Your task: Show all lines below holding the string "IsRun".
---------------
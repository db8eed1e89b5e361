-- ===== src/Pmm/Tests.antt =====
-- The page allocator on a small machine: two free pages, 3 and 5, of eight.
use hao_sys.Base.{
  ℕ, ◌≡◌, ◌≢◌, refl, ◌⊎◌, inl, Bool, true, false, ◌&&◌, some, [], ◌∷◌, arith, ltb, ◌==◌,
  if◌then◌else◌, Memory, store, has, all_below, all_below_sound,
}
use hao_sys.Pmm.Bitmap.{
  get_page_bit, set_page_bit, index_to_addr, mark_region, Marked, mark_region-Marked,
  get_page_bit-set_page_bit,
}
use hao_sys.Pmm.{Pmm, no_page, alloc_page, free_page, alloc_contiguous, scan_run}
use hao_sys.Pmm.Chain.{FreeList}
use hao_sys.Pmm.Alloc.{Taken, alloc_page-Taken, free_page-FreeList, free_page-ignored}
use hao_sys.Pmm.Scan.{IsRun}
use hao_sys.Pmm.Contiguous.{RunTaken, alloc_contiguous_lem}
use hao_sys.Pmm.Boot.{init, started, looping}
use hao_sys.Pmm.Boot.Ready.{IsReady, init-IsReady}
use hao_sys.Pmm.Boot.Ends.{init-ne-looping}

abbrev pub links : Memory
links a = if a == index_to_addr 5 then 3 else if a == index_to_addr 3 then no_page else 0

-- 0b00101000
abbrev pub two_free : Pmm
two_free = record {
  bitmap = λ a. if a == 0 then 40 else 0;
  mem = links;
  total_pages = 8;
  free_pages = 2;
  total_memory = 32768;
  free_list_head = 5;
}

two_free_at : (j : ℕ) → Bool
unfolding get_page_bit
two_free_at j =
    if has j (5 ∷ 3 ∷ [])
    then get_page_bit two_free.bitmap j
    else (if get_page_bit two_free.bitmap j then false else true)

two_free_table : all_below 8 two_free_at ≡ true
unfolding all_below two_free_at
two_free_table = refl

two_free_bits : (j : ℕ) → has j (5 ∷ 3 ∷ []) ≡ (ltb j 8 && get_page_bit two_free.bitmap j)
unfolding two_free_at
two_free_bits j = ground (arith, all_below_sound 8 two_free_at j two_free_table)

pub two_free-FreeList : FreeList two_free (5 ∷ 3 ∷ [])
two_free-FreeList = record {
  chain = (refl, (refl, refl));
  distinct = (refl, (refl, tt));
  tracks = two_free_bits;
  bytes = λ a. ground arith;
  counted = refl;
  fits = omega arith;
}

alloc_page-Taken_example : Taken two_free 5 (3 ∷ []) (alloc_page two_free)
alloc_page-Taken_example = alloc_page-Taken 5 (3 ∷ []) two_free-FreeList

free_page-FreeList_example : FreeList (free_page two_free (index_to_addr 4)) (4 ∷ 5 ∷ 3 ∷ [])
unfolding get_page_bit
free_page-FreeList_example = free_page-FreeList (5 ∷ 3 ∷ []) 4 two_free-FreeList (omega arith) refl

alloc_contiguous_lem_example :
    ((alloc_contiguous two_free 1 ≡ some (0, two_free)) × ((s : ℕ) → ¬ IsRun two_free 1 s))
    ⊎ ((i : ℕ) × (q : Pmm) × (alloc_contiguous two_free 1 ≡ some (index_to_addr i, q))
        × IsRun two_free 1 i
        × RunTaken two_free 1 i q)
alloc_contiguous_lem_example = alloc_contiguous_lem (5 ∷ 3 ∷ []) 1 two_free-FreeList (omega arith)

first_run : scan_run two_free 1 8 0 ≡ some 3
unfolding scan_run get_page_bit
first_run = refl

no_pair : alloc_contiguous two_free 2 ≡ some (0, two_free)
unfolding alloc_contiguous get_page_bit
no_pair = refl

mark_region-Marked_example : Marked 1 3 true (λ a. 0) (mark_region 8 (λ a. 0) 4096 4097 true)
mark_region-Marked_example =
    mark_region-Marked 8 (λ a. 0) 4096 4097 true (λ a. omega arith) (λ e. omega arith)

-- A Multiboot 1 table at address 64: 640 KB below and 12 KB above 1 MB, no memory map.
abbrev info : Memory
info a = if a == 68 then 640 else if a == 72 then 396 else 0

init-ne-looping_example : init info (λ a. 255) 0x100001 0 64 ≢ looping
init-ne-looping_example =
    init-ne-looping info (λ a. 255) 0x100001 0 64 (λ a. ground arith) (omega arith)

-- What the boot at this table leaves.
booted : Pmm
unfolding init
booted = elim (init info (λ a. 255) 0x100001 0 64) [ started p ↦ p | _ ↦ two_free ]

booted_free : (booted.free_pages ≡ 2) × (booted.free_list_head ≡ 258)
unfolding booted get_page_bit set_page_bit mark_region store
booted_free = (refl, refl)

booted-started : init info (λ a. 255) 0x100001 0 64 ≡ started booted
unfolding booted get_page_bit set_page_bit mark_region store
booted-started = refl

init-IsReady_example : IsReady 0x100001 booted
init-IsReady_example =
    init-IsReady info (λ a. 255) 0x100001 0 64 (λ a. omega arith) (omega arith) (omega arith)
      booted-started

free_page-ignored_example : free_page two_free (index_to_addr 9) ≡ two_free
free_page-ignored_example = free_page-ignored (index_to_addr 9) (inl (omega arith))

bit_ten :
    get_page_bit (set_page_bit (λ a. 5) 9 true) 10
    ≡ (if (10 == 9) then true else get_page_bit (λ a. 5) 10)
bit_ten = get_page_bit-set_page_bit (λ a. 5) 9 10 true (λ a. omega arith)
---------------
Result:
use hao_sys.Pmm.Scan.{IsRun}
    ((alloc_contiguous two_free 1 ≡ some (0, two_free)) × ((s : ℕ) → ¬ IsRun two_free 1 s))
        × IsRun two_free 1 i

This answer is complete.